Most people who work with machine learning and AI follow the herd using certain methods of evaluation that don't necessary lead to working systems. I'm more familiar with applications to business, text analysis, and a bit about finance such as algo trading.

This is one of the missing links

https://scikit-learn.org/stable/modules/calibration.html

if you have a prediction that says "this is in class A" that's not very useful in itself. If your predictor is calibrated and says "there is a 55% chance that this is in class A" you probably don't want to take action that prediction but if it says "there is a 97% chance this is in class A" you will take action.

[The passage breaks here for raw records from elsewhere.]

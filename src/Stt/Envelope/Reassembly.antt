-- ===== src/Stt/Envelope/Reassembly.antt =====
-- src/stt/realtime_envelope.cpp: the whole life of a message among others.
use lclva.Prelude.{
  ℕ, ◌+◌, ◌<◌, ◌≤◌, ◌≡◌, inl, inr, refl, ap, ◌∙◌, List, [], ◌∷◌, Option, none, some, Bool, true,
  false, not, ◌||◌, if◌then◌else◌, leb, ◌==◌, length, set, All, arith, if_false,
}
use lclva.Stt.Base64.{base64_encode, base64_decode}
use lclva.Stt.Base64.RoundTrip.{IsByte, decode-encode}
use lclva.Stt.Envelope.{
  Text, Kind, Envelope, Pending, EnvelopeReassembler, same_text, put, is_empty, has_fragment,
  empty_fragments, joined, take_fragment, on_pending, on_fragment, on_partial, on_envelope, feed,
}
use lclva.Stt.Envelope.Counting.{tabulate, mark, count, count-mark, count-mark_le, count_all}
use lclva.Stt.Envelope.Fragments.{
  Arrival, seen, Held, fresh, fresh-Facts, fragment_waits, fragment_completes,
}

-- Two results that leave a message alone.
if-kept :
    (id : Text) (v : Option Pending) (b : Bool) (x y : Option Text × EnvelopeReassembler)
    → x.1.pending id ≡ v
    → y.1.pending id ≡ v
    → (if b then x else y).1.pending id ≡ v
if-kept id v true x y p q = p
if-kept id v false x y p q = q

module _ (id other_id : Text) (differs : same_text id other_id ≡ false) where
  put_other :
      (p : Option Pending) (r : EnvelopeReassembler) → (put other_id p r).pending id ≡ r.pending id
  put_other p r = if_false (same_text id other_id) p (r.pending id) differs

  take_fragment_other :
      (p : Pending) (idx : ℕ) (s : Text) (r : EnvelopeReassembler)
      → (take_fragment other_id p idx s r).1.pending id ≡ r.pending id
  unfolding take_fragment
  take_fragment_other p idx s r =
      let p' : Pending = record { fragments = set p.fragments idx s; received = p.received + 1 } in
      if-kept id (r.pending id) (has_fragment p.fragments idx) (none, put other_id (some p) r) _
        (put_other (some p) r)
        (if-kept id (r.pending id) (p'.received == length p'.fragments)
          (base64_decode (joined p'.fragments), put other_id none r)
          (none, put other_id (some p') r) (put_other none r) (put_other (some p') r))

  on_pending_other :
      (idx total : ℕ) (s : Text) (r : EnvelopeReassembler) (o : Option Pending)
      → (on_pending other_id idx total s r o).1.pending id ≡ r.pending id
  unfolding on_pending
  on_pending_other idx total s r none =
      take_fragment_other (record { fragments = empty_fragments total; received = 0 }) idx s r
  on_pending_other idx total s r (some p) =
      if-kept id (r.pending id) (not (length p.fragments == total)) (none, put other_id none r)
        (take_fragment other_id p idx s r) (put_other none r) (take_fragment_other p idx s r)

  on_partial_other :
      (idx total : Option ℕ) (s : Text) (r : EnvelopeReassembler)
      → (on_partial other_id idx total s r).1.pending id ≡ r.pending id
  unfolding on_partial on_fragment
  on_partial_other (some idx) (some total) s r =
      if-kept id (r.pending id) ((total == 0) || leb total idx) (none, r)
        (on_pending other_id idx total s r (r.pending other_id)) refl
        (on_pending_other idx total s r (r.pending other_id))
  on_partial_other (some idx) none s r = refl
  on_partial_other none total s r = refl

-- Another envelope: one that cannot be read, or of another id.
abbrev pub Foreign : Text → Option Envelope → Type 0
Foreign id none = Unit
Foreign id (some e) = same_text id e.id ≡ false

on_envelope_other :
    (id : Text) (k : Kind) (e : Envelope) (r : EnvelopeReassembler)
    → same_text id e.id ≡ false
    → (on_envelope k e r).1.pending id ≡ r.pending id
unfolding on_envelope
on_envelope_other id Kind.full_message e r d = refl
on_envelope_other id Kind.partial_message e r d =
    on_partial_other id e.id d e.fragment_index e.total_fragments e.payload r
on_envelope_other id Kind.other e r d = refl

feed-Foreign :
    (id : Text) (e : Option Envelope) (r : EnvelopeReassembler)
    → Foreign id e
    → (feed e r).1.pending id ≡ r.pending id
unfolding feed
feed-Foreign id none r d = refl
feed-Foreign id (some e) r d = on_envelope_other id e.kind e r d

module _ (id : Text) (n : ℕ) (f : ℕ → Text) where
  abbrev pub fragment : ℕ → Envelope
  fragment idx = record {
    id = id;
    kind = Kind.partial_message;
    payload = f idx;
    fragment_index = some idx;
    total_fragments = some n;
  }

  abbrev pub envelope : Arrival → Option Envelope
  envelope (inl idx) = some (fragment idx)
  envelope (inr e) = e

  -- The state behind some arrivals, and what the calls for the fragments gave.
  unfoldable pub after : List Arrival → EnvelopeReassembler → EnvelopeReassembler
  unfolding feed
  after [] r = r
  after (a ∷ more) r = after more (feed (envelope a) r).1

  unfoldable pub given : List Arrival → EnvelopeReassembler → List (Option Text)
  unfolding feed
  given [] r = []
  given (inl idx ∷ more) r = let x = feed (some (fragment idx)) r in x.0 ∷ given more x.1
  given (inr e ∷ more) r = given more (feed e r).1

  abbrev pub Fits : Arrival → Type 0
  Fits (inl idx) = idx < n
  Fits (inr e) = Foreign id e

  seen_le :
      (as_they_come : List Arrival) (g : ℕ → Bool)
      → All Fits as_they_come
      → count n g ≤ count n (seen as_they_come g)
  seen_le [] g a = omega arith
  seen_le (inl idx ∷ more) g (b, a) =
      omega (arith, count-mark_le n idx g b, seen_le more (mark idx g) a)
  seen_le (inr e ∷ more) g (b, a) = seen_le more g a

  module _ (filled : (i : ℕ) → is_empty (f i) ≡ false) where
    arrivals-Held :
        (more : List Arrival) (g : ℕ → Bool) (r : EnvelopeReassembler)
        → All Fits more
        → count n (seen more g) < n
        → Held id n f filled g r
        → All (λ o. o ≡ none) (given more r) × Held id n f filled (seen more g) (after more r)
    unfolding after given feed on_envelope on_partial
    arrivals-Held [] g r a c h = (tt, h)
    arrivals-Held (inl idx ∷ more) g r (b, a) c h =
        let w =
          fragment_waits id n f filled idx g r b (omega (arith, c, seen_le more (mark idx g) a))
            h in
        let rest = arrivals-Held more (mark idx g) (on_fragment id idx n (f idx) r).1 a c w.1 in
        ((w.0, rest.0), rest.1)
    arrivals-Held (inr e ∷ more) g r (b, a) c (p, q, k) =
        let same = feed-Foreign id e r b in
        arrivals-Held more g (feed e r).1 a c
          (p, elim q [ inl x ↦ inl (same ∙ x) | inr y ↦ inr (same ∙ y.0, y.1) ], k)

    -- A message of which nothing has come, cut in `n` fragments that are not empty. First come fragments of it,
    -- in any order and as often as they like, and any envelopes of other ids or that cannot be read; then the
    -- one fragment that was still missing. Up to there no call for a fragment gives anything; the last one
    -- gives the bytes whose encoding the fragments make up, and the id is free again.
    pub message_reassembled :
        (more : List Arrival) (last : ℕ) (r : EnvelopeReassembler) (s : List ℕ)
        → r.pending id ≡ none
        → All Fits more
        → last < n
        → seen more (λ i. false) last ≡ false
        → ((i : ℕ) → i < n → mark last (seen more (λ j. false)) i ≡ true)
        → joined (tabulate n f) ≡ base64_encode s
        → All IsByte s
        → let x = feed (some (fragment last)) (after more r) in
          All (λ o. o ≡ none) (given more r) × (x.0 ≡ some s) × (x.1.pending id ≡ none)
    unfolding feed on_envelope on_partial
    message_reassembled more last r s free a b missing whole cut bytes =
        let g = seen more (λ i. false) in
        let c = count_all n (mark last g) whole in
        let h =
          arrivals-Held more (λ i. false) r a (omega (arith, c, count-mark n last g b missing))
            (fresh id n f filled, inr (free, refl), fresh-Facts id n f filled) in
        let e = fragment_completes id n f filled last g (after more r) b missing c h.1 in
        (h.0, e.0 ∙ ap base64_decode cut ∙ (decode-encode s bytes).0, e.1)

IBM Watson won at Jeopardy because it was calibrated and could make a rational decision of whether or when it should hit the button.

From an algo trading point of view the other thing you need to turn predictions into actions is

https://en.wikipedia.org/wiki/Kelly_criterion

I bet there is some similar way to turn predictions into actions based on control theory. Speaking of betting there is a practical application of this in this book

https://www.amazon.com/Dr-Beat-Racetrack-William-Ziemba/dp/0...

which is a gambling system that really makes money. The book is not very mathematical, Dr. Ziemba has written a lot about hedge funds, algo trading, etc. and probably in his body of work there is something that covers the same ground and is more mathematically rigorous.